-- ===== src/Tests/Hooking.antt =====
-- The hooks in crates/rumqttd on a client of the sample server.
use hi_mqtt.Prelude.{
  ◌≡◌, refl, true, false, ◌||◌, inr, some, List, [], ◌∷◌, Text, Bool, codes, text_eq, starts_with,
  order_by, lookup, push_entry, trim_end_matches, strip_suffix, split_on,
}
use hi_mqtt.Prelude.Exec.{ok}
use hi_mqtt.Db.Query.{run, deliver}
use hi_mqtt.Db.Users.{list_mqtt_users, select_users}
use hi_mqtt.Db.Topics.{list_mqtt_topics, select_topics}
use hi_mqtt.Db.Acls.{list_topic_acls, select_acls}
use hi_mqtt.Acl.Matcher.{registered_covers, subscribe_allowed}
use hi_mqtt.Acl.Levels.{fits, level_match, level_match-IsTopicMatch}
use hi_mqtt.Acl.Cache.{publish, build_cache}
use hi_mqtt.Acl.Cache as Cache
use hi_mqtt.Acl.Decision.{is_allowed}
use hi_mqtt.Acl.Service.{AclService, reload, on_pool}
use hi_mqtt.Acl.Service.Reload.{IsFresh, reload-IsFresh}
use hi_mqtt.Hooks.{
  Connection, AclHandler, check_acl, validate_subscription, Publish, Datalog, append_to_commitlog,
  append_will_message,
}
use hi_mqtt.Hooks.Access.{
  handler_of, is_ok, check_acl-IsFresh, IsShown, validate_subscription-IsShown,
  append_to_commitlog-IsGuarded, IsGuarded,
}
use hi_mqtt.Tests.Sample.{link, service, enforcing}

abbrev loaded : AclService
loaded = (reload link service).1

loaded-IsFresh : IsFresh loaded
unfolding reload on_pool run deliver list_mqtt_users list_mqtt_topics list_topic_acls select_users
    select_topics select_acls
loaded-IsFresh = reload-IsFresh link service refl

abbrev connection : Text → Bool → Connection
connection username bypass_acl = record {
  client_id = username;
  clean = true;
  username = some username;
  bypass_acl = bypass_acl;
  subscriptions = codes "home/#" ∷ [];
}

ann_is_let_through :
    is_ok (
      check_acl
        (connection (codes "ann") false)
        (codes "home/x")
        publish
        (handler_of level_match enforcing loaded))
    ≡ (false
        || is_allowed level_match publish
            (codes "home/x")
            enforcing
            loaded.database.tables.topics
            loaded.database.tables.acls
            (codes "ann"))
ann_is_let_through =
    check_acl-IsFresh level_match enforcing loaded loaded-IsFresh (connection (codes "ann") false)
      (codes "home/x") publish

room_is_shown :
    IsShown level_match-IsTopicMatch
      (codes "home/+/b")
      (codes "home/a/b")
      (codes "ann")
      loaded.database.tables.acls
unfolding reload on_pool run deliver list_mqtt_users list_mqtt_topics list_topic_acls select_users
    select_topics select_acls validate_subscription check_acl Cache.check_acl level_match fits
    split_on starts_with text_eq build_cache order_by registered_covers strip_suffix
    trim_end_matches lookup push_entry subscribe_allowed
room_is_shown =
    validate_subscription-IsShown level_match-IsTopicMatch enforcing loaded
      (connection (codes "ann") false) (codes "home/+/b") (codes "home/a/b") loaded-IsFresh refl
      (inr (inr (codes "home", refl)), tt) refl refl

abbrev logs : Datalog (List Text)
logs = record {
  prepare = λ p. ok p;
  prepare_will = λ p. ok p;
  from_utf8 = λ t. some t;
  append = λ connection topic p log. (ok tt, topic ∷ log);
  append_will = λ topic p log. (ok tt, topic ∷ log);
}

abbrev last_will : Publish
last_will = record { topic = codes "home/x"; payload = codes "gone"; retain = false }

abbrev nobody : AclHandler
nobody username target op = false

will_is_unchecked :
    ((append_to_commitlog logs (connection (codes "bob") false) (some nobody) last_will []).1 ≡ [])
    × ((append_will_message logs last_will []).1 ≡ codes "home/x" ∷ [])
unfolding append_to_commitlog append_will_message check_acl
will_is_unchecked = (refl, refl)

will_as_a_publish_IsGuarded :
    IsGuarded logs level_match enforcing loaded loaded-IsFresh
      (connection (codes "ann") false)
      last_will
      []
      (append_to_commitlog logs
        (connection (codes "ann") false)
        (handler_of level_match enforcing loaded)
        last_will
        [])
will_as_a_publish_IsGuarded =
    append_to_commitlog-IsGuarded logs level_match enforcing loaded loaded-IsFresh
      (connection (codes "ann") false) last_will []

▬▬▬▬▬▬▬▬▬▬

WORK REQUEST » For each line above that includes the word "Tests", make a copy of that line.

PROBLEM SOLUTION »
-- ===== src/Tests/Hooking.antt =====
use hi_mqtt.Tests.Sample.{link, service, enforcing}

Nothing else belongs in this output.